In the final step of the pathway, iron (as Fe2+) is incorporated into protoporphyrin IX in a reaction catalyzed by ferrochelatase (also known as heme synthase).
3. Source of Iron
Iron, which is obtained from the diet, has a US Recommended Dietary Allowance (RDA) of 10 mg for men and postmenopausal women and 15 mg for premenopausal women. The average daily US diet contains 10 to 50 mg of iron. However, only 10% to 15% is normally absorbed, and iron deficiencies are fairly common. The iron in meats is in the form of heme, which is readily absorbed. The nonheme iron in plants is not as readily absorbed, in part because plants often contain oxalates, phytates, tannins, and other phenolic compounds that chelate or form insoluble precipitates with iron, preventing its absorption. Conversely, vitamin C (ascorbic acid) increases the uptake of nonheme iron from the digestive tract. The uptake of iron is also increased in times of need by mechanisms that are not yet understood. Iron is absorbed in the ferrous (Fe2+) state (Fig. 42.6) but is oxidized to the ferric state by a ferroxidase known as ceruloplasmin (a copper-containing enzyme) for transport through the body.

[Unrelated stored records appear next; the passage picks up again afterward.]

-- ===== src/Broker/GrantTests.antt =====
-- Runs of the grants of src/auth-broker/app/adapters/sqlite.py and of the scopes of
-- src/auth-broker/app/auth/scopes.py.
use mathai_ai_swarm_memory.Common.{ℕ, ◌≡◌, ◌≤◌, refl, arith, true, List, [], ◌∷◌, some, String, ok}
use mathai_ai_swarm_memory.Broker.Store.{Datetime, is_before, empty_store}
use mathai_ai_swarm_memory.Broker.Families.{active_principal}
use mathai_ai_swarm_memory.Broker.Scopes.{
  is_member, roles, allowed_scopes, validate_role, eligibility, validate_scope, effective_scopes,
  validate_grant_ttl, effective_scopes-within,
}
use mathai_ai_swarm_memory.Broker.Grants.{
  insert_grant_locked, set_grant, set_grant_tx, revoke_grant, revoke_grant_tx,
}
use mathai_ai_swarm_memory.Broker.Grants.Single.{
  GrantCall, setting, allowing, run_calls, live_grants, one_live_grant,
}
use mathai_ai_swarm_memory.Broker.Principals.{
  Texts, cached_login, insert_principal_locked, checked_scopes, insert_grants, upsert_principal,
  allow_tx, allow_github_principal,
}

program : Unit {0}
unfolding active_principal validate_role eligibility validate_scope effective_scopes
    validate_grant_ttl insert_grant_locked set_grant set_grant_tx revoke_grant revoke_grant_tx
    cached_login insert_principal_locked checked_scopes insert_grants upsert_principal allow_tx
    allow_github_principal
program = tt

abbrev at : ℕ → Datetime
at n = record { instant = n; offset = some 1440 }

abbrev read_scope : String
read_scope = "ctx:read:pesquisa.tcc"

-- Every text is of digits, and the times are the order of the texts.
abbrev toy : Texts
toy = record {
  is_digits = λ s. true;
  precedes = is_before;
  dumps = λ members. "key";
  loads = λ s. [];
  thumbprint = λ s. "print";
}

abbrev drawn : ℕ → String
drawn n = "g"

abbrev twice : List GrantCall
twice =
    allowing drawn "7" "ada" "advisor" (read_scope ∷ []) (at 1) (at 9)
    ∷ setting "h" "github:7" read_scope (at 2) (at 9)
    ∷ []

grants_twice : live_grants "github:7" read_scope (run_calls toy twice empty_store) ≡ 1
unfolding program
grants_twice = refl

one_live_grant_example : live_grants "github:7" read_scope (run_calls toy twice empty_store) ≤ 1
one_live_grant_example = one_live_grant "github:7" read_scope toy twice empty_store (omega arith)

narrows :
    effective_scopes (read_scope ∷ "ctx:propose:pesquisa.tcc" ∷ []) (read_scope ∷ []) "advisor"
    ≡ ok (read_scope ∷ [])
unfolding program
narrows = refl

effective_scopes-within_example :
    (is_member read_scope (read_scope ∷ "ctx:propose:pesquisa.tcc" ∷ []) ≡ true)
    × (is_member read_scope (read_scope ∷ []) ≡ true)
    × (is_member read_scope allowed_scopes ≡ true)
    × (is_member "advisor" roles ≡ true)
effective_scopes-within_example =
    effective_scopes-within (read_scope ∷ "ctx:propose:pesquisa.tcc" ∷ []) (read_scope ∷ [])
      "advisor" (read_scope ∷ []) narrows read_scope refl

Because free iron is toxic, it is usually found in the body bound to proteins (see Fig. 42.6). Iron is carried in the blood (as Fe3+) by the protein apotransferrin, with which it forms a complex known as transferrin. Transferrin is usually only one-third saturated with iron. The total iron-binding capacity of blood, due mainly to its content of transferrin, is approximately 300 μg/dL. Transferrin, with bound iron, binds to the transferrin receptor on the cell surface and the complex is internalized into the cell. The internalized membrane develops into an endosome, with a slightly acidic pH. The iron is reduced by a membrane-bound oxidoreductase and the ferrous iron is transported out of the endosome into the cytoplasm via the divalent metal ion transporter 1 (DMT-1). Once in the cytoplasm, the iron is shunted to necessary enzymes, or can be oxidized and bind to ferritin for long-term storage.